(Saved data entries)

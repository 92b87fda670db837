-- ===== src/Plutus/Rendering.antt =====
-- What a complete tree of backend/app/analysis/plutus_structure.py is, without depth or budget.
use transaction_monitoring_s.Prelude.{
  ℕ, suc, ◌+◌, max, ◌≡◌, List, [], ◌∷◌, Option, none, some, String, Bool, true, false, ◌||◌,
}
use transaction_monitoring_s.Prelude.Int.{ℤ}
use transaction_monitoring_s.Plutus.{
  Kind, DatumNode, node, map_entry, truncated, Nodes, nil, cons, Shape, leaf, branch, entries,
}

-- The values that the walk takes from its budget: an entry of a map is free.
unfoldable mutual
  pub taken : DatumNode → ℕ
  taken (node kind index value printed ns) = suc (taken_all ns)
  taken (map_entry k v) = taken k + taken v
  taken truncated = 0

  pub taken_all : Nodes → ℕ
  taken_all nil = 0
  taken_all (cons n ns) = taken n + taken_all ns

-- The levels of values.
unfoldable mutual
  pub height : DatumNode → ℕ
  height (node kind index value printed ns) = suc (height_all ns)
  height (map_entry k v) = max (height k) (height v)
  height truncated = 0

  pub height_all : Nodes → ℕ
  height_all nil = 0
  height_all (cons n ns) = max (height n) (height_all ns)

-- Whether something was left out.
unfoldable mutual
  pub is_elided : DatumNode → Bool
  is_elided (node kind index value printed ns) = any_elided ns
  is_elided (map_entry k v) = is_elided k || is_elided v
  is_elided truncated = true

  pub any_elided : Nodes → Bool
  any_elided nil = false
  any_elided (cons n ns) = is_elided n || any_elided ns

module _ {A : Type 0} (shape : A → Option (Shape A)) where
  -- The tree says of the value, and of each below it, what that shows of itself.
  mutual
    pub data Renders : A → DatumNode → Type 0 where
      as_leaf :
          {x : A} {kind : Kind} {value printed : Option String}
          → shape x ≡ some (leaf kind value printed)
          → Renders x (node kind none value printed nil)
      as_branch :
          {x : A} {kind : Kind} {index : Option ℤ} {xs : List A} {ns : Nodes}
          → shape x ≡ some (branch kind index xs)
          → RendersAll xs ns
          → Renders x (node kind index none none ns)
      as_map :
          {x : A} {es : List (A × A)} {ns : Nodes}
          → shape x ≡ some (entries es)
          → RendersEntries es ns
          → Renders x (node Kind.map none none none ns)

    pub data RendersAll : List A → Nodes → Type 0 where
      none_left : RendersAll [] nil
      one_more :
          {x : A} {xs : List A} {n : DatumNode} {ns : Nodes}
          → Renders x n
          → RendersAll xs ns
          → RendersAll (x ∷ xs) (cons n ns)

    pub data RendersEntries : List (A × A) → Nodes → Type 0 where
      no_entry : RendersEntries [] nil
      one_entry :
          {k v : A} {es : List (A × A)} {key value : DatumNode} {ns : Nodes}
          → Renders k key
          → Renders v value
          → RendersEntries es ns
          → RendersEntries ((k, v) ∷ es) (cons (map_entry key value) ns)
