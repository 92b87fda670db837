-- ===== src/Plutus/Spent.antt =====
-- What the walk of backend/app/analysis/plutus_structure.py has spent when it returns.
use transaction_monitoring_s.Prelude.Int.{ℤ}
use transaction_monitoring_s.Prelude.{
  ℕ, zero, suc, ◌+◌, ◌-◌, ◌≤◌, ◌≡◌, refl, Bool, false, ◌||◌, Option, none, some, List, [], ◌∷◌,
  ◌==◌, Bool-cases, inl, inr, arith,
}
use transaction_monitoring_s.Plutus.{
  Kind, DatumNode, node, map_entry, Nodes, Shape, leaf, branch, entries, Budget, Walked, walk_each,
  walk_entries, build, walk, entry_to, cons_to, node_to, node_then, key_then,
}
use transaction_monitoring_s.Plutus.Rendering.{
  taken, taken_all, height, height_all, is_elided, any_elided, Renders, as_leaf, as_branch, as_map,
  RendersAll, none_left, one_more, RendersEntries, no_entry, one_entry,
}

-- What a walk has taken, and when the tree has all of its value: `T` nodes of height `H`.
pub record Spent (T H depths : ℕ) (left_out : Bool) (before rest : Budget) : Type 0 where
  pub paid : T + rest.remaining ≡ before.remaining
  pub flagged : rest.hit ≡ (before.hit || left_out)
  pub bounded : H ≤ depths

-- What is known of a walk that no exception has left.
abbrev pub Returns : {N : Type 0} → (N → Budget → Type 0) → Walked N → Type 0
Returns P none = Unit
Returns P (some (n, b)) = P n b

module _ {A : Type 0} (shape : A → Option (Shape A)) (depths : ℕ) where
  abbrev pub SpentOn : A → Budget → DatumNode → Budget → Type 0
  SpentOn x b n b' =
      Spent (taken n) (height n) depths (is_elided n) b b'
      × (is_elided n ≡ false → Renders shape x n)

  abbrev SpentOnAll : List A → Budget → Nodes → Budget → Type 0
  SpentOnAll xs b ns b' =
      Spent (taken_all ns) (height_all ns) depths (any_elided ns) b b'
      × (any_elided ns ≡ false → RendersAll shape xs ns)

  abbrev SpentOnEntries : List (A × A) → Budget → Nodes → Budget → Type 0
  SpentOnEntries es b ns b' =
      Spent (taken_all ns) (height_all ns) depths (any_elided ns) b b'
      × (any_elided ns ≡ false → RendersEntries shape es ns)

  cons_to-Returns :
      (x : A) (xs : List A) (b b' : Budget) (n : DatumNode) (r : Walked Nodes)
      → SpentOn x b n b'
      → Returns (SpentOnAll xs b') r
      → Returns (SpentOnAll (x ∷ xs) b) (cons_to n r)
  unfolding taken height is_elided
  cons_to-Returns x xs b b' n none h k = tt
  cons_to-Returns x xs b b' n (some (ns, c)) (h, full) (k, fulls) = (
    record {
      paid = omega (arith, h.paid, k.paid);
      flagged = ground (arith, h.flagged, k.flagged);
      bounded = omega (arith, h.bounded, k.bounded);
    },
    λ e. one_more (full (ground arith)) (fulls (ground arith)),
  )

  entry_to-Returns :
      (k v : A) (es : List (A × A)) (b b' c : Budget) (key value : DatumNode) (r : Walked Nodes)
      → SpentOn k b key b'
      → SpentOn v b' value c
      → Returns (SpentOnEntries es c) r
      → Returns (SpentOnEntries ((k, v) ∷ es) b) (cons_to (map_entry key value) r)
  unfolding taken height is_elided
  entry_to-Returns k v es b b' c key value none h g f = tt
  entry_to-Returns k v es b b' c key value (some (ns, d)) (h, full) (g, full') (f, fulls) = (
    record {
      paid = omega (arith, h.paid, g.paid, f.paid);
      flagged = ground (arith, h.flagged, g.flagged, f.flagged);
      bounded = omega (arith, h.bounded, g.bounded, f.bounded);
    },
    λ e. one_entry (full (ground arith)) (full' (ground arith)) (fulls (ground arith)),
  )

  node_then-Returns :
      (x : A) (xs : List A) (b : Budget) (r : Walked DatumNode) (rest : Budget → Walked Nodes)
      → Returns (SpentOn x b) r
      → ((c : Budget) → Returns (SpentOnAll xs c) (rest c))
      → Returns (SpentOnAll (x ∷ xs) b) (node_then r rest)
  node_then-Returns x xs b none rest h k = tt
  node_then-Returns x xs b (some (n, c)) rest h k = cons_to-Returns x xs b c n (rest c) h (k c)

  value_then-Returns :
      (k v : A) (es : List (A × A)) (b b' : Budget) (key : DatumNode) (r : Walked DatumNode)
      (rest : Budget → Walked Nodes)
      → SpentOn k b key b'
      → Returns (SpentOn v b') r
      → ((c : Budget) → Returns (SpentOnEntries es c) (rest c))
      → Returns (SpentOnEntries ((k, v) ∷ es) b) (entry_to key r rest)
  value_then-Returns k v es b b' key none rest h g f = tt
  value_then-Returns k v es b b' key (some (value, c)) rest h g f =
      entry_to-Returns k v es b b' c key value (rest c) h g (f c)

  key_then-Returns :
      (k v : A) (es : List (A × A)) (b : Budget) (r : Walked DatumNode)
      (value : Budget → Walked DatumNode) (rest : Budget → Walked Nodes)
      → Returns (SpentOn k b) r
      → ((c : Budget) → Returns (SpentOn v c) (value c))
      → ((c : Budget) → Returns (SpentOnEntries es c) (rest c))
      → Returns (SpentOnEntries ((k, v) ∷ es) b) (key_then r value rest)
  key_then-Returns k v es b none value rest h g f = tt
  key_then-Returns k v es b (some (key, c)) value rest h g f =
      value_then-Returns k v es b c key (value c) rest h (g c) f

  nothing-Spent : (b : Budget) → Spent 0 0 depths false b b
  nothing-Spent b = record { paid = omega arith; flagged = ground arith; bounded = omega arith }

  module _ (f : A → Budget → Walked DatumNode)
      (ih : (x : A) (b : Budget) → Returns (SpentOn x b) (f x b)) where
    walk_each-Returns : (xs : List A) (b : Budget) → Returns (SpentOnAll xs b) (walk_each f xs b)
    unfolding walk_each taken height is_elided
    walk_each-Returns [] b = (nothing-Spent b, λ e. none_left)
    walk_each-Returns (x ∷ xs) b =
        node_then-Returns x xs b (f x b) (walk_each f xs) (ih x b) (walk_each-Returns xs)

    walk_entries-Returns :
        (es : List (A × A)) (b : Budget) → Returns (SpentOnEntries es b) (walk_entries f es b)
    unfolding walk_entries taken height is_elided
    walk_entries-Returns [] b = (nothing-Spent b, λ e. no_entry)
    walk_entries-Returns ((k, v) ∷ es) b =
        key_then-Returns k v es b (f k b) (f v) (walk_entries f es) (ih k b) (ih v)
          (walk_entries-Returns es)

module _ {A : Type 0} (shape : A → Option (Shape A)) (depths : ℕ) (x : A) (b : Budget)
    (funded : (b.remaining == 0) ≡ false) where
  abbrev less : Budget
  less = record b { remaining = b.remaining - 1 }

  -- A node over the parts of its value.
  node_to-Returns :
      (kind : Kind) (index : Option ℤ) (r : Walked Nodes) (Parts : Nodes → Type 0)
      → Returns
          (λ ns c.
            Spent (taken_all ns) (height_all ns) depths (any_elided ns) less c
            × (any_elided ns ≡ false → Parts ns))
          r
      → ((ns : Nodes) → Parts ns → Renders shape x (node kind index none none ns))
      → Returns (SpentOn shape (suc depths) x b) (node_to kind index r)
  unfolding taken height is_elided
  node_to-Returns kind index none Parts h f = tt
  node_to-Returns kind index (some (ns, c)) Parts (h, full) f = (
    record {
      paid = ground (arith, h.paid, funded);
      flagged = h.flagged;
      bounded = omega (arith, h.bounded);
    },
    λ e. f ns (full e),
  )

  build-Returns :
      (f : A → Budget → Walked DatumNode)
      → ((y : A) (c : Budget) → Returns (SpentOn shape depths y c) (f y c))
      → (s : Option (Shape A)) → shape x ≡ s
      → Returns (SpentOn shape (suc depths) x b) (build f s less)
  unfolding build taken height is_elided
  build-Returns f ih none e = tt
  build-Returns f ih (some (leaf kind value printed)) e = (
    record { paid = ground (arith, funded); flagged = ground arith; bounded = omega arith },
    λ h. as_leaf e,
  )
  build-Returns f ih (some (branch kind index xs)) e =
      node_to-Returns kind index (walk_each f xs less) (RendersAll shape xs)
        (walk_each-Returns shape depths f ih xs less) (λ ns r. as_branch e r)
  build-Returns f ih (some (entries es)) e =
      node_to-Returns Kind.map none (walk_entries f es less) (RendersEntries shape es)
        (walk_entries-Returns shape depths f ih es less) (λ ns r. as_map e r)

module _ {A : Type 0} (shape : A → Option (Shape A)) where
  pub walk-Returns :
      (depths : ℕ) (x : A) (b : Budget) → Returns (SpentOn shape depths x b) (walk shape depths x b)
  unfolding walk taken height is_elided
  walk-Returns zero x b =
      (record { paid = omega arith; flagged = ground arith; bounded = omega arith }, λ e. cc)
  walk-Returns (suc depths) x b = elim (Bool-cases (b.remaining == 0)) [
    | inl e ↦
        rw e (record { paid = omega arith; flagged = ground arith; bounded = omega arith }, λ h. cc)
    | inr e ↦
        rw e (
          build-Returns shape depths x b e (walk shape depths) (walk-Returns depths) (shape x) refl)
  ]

* * *

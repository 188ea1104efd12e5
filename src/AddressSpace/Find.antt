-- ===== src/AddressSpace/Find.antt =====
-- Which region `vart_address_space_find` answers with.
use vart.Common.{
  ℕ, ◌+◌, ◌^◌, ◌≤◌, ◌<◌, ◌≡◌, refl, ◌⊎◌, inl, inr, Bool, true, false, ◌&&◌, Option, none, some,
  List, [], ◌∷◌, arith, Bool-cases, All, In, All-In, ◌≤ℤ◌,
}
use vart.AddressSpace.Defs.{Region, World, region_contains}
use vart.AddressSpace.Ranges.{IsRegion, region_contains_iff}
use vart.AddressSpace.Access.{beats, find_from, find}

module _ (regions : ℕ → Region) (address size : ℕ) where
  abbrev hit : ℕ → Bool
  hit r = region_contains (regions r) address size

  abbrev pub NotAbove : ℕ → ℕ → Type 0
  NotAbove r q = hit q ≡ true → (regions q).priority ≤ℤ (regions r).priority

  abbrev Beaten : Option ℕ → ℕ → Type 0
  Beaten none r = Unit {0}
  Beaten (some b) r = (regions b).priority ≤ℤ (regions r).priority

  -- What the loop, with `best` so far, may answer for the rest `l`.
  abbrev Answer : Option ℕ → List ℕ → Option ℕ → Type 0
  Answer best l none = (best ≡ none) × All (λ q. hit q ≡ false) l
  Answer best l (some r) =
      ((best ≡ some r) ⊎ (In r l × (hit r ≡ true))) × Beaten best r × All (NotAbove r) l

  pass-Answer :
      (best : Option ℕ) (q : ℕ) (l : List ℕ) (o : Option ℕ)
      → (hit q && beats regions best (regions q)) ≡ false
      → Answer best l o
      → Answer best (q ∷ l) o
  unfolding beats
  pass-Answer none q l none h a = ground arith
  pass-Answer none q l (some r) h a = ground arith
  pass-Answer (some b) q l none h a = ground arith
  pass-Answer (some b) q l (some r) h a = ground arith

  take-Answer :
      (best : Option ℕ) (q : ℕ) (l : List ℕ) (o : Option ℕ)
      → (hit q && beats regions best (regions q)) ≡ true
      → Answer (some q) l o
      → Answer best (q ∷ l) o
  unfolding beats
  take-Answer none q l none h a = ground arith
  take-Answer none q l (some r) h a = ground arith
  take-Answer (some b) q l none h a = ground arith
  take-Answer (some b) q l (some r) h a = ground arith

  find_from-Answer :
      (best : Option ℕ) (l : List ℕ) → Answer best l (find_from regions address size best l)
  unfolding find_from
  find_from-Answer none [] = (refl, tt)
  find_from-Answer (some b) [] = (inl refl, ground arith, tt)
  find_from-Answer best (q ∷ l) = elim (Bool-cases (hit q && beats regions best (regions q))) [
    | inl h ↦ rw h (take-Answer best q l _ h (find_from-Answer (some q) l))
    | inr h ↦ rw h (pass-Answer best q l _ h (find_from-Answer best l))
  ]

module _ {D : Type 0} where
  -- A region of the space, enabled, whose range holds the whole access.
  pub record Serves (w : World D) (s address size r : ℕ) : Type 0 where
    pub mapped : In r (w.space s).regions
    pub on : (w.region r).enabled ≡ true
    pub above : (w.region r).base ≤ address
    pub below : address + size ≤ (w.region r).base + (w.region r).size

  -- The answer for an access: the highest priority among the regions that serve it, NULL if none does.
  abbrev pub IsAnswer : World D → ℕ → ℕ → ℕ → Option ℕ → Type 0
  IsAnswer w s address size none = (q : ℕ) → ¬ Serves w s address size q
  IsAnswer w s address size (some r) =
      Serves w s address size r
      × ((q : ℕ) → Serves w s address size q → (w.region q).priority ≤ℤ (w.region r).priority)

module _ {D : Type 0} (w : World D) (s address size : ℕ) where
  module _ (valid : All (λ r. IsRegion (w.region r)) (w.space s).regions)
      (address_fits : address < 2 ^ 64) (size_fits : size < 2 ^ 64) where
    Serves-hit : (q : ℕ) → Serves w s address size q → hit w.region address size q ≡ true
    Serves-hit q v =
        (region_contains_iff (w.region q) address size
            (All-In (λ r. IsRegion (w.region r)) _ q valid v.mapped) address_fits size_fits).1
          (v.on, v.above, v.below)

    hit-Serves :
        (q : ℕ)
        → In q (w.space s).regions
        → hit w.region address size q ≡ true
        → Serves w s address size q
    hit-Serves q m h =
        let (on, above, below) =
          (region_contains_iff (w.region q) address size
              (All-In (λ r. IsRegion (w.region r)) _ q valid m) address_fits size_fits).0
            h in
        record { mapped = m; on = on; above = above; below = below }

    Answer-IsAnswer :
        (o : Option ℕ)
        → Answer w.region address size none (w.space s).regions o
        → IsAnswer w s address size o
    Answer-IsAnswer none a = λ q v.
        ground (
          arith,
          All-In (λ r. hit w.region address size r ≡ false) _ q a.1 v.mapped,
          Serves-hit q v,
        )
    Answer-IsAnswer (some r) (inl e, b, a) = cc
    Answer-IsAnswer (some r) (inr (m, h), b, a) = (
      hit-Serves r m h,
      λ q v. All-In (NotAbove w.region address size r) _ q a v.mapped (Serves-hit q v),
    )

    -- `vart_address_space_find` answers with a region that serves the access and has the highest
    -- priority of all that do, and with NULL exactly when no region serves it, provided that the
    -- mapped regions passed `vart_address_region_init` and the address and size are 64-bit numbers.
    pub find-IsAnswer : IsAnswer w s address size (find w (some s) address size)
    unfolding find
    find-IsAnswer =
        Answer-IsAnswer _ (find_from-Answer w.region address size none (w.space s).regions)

> Problem details:
Look through the entries and return each line that has the word "refl" in it.

> Reply:
  ℕ, zero, suc, ◌+◌, ◌-◌, ◌≤◌, ◌≡◌, refl, Bool, false, ◌||◌, Option, none, some, List, [], ◌∷◌,
          build-Returns shape depths x b e (walk shape depths) (walk-Returns depths) (shape x) refl)
  ℕ, ◌+◌, ◌^◌, ◌≤◌, ◌<◌, ◌≡◌, refl, ◌⊎◌, inl, inr, Bool, true, false, ◌&&◌, Option, none, some,
  find_from-Answer none [] = (refl, tt)
  find_from-Answer (some b) [] = (inl refl, ground arith, tt)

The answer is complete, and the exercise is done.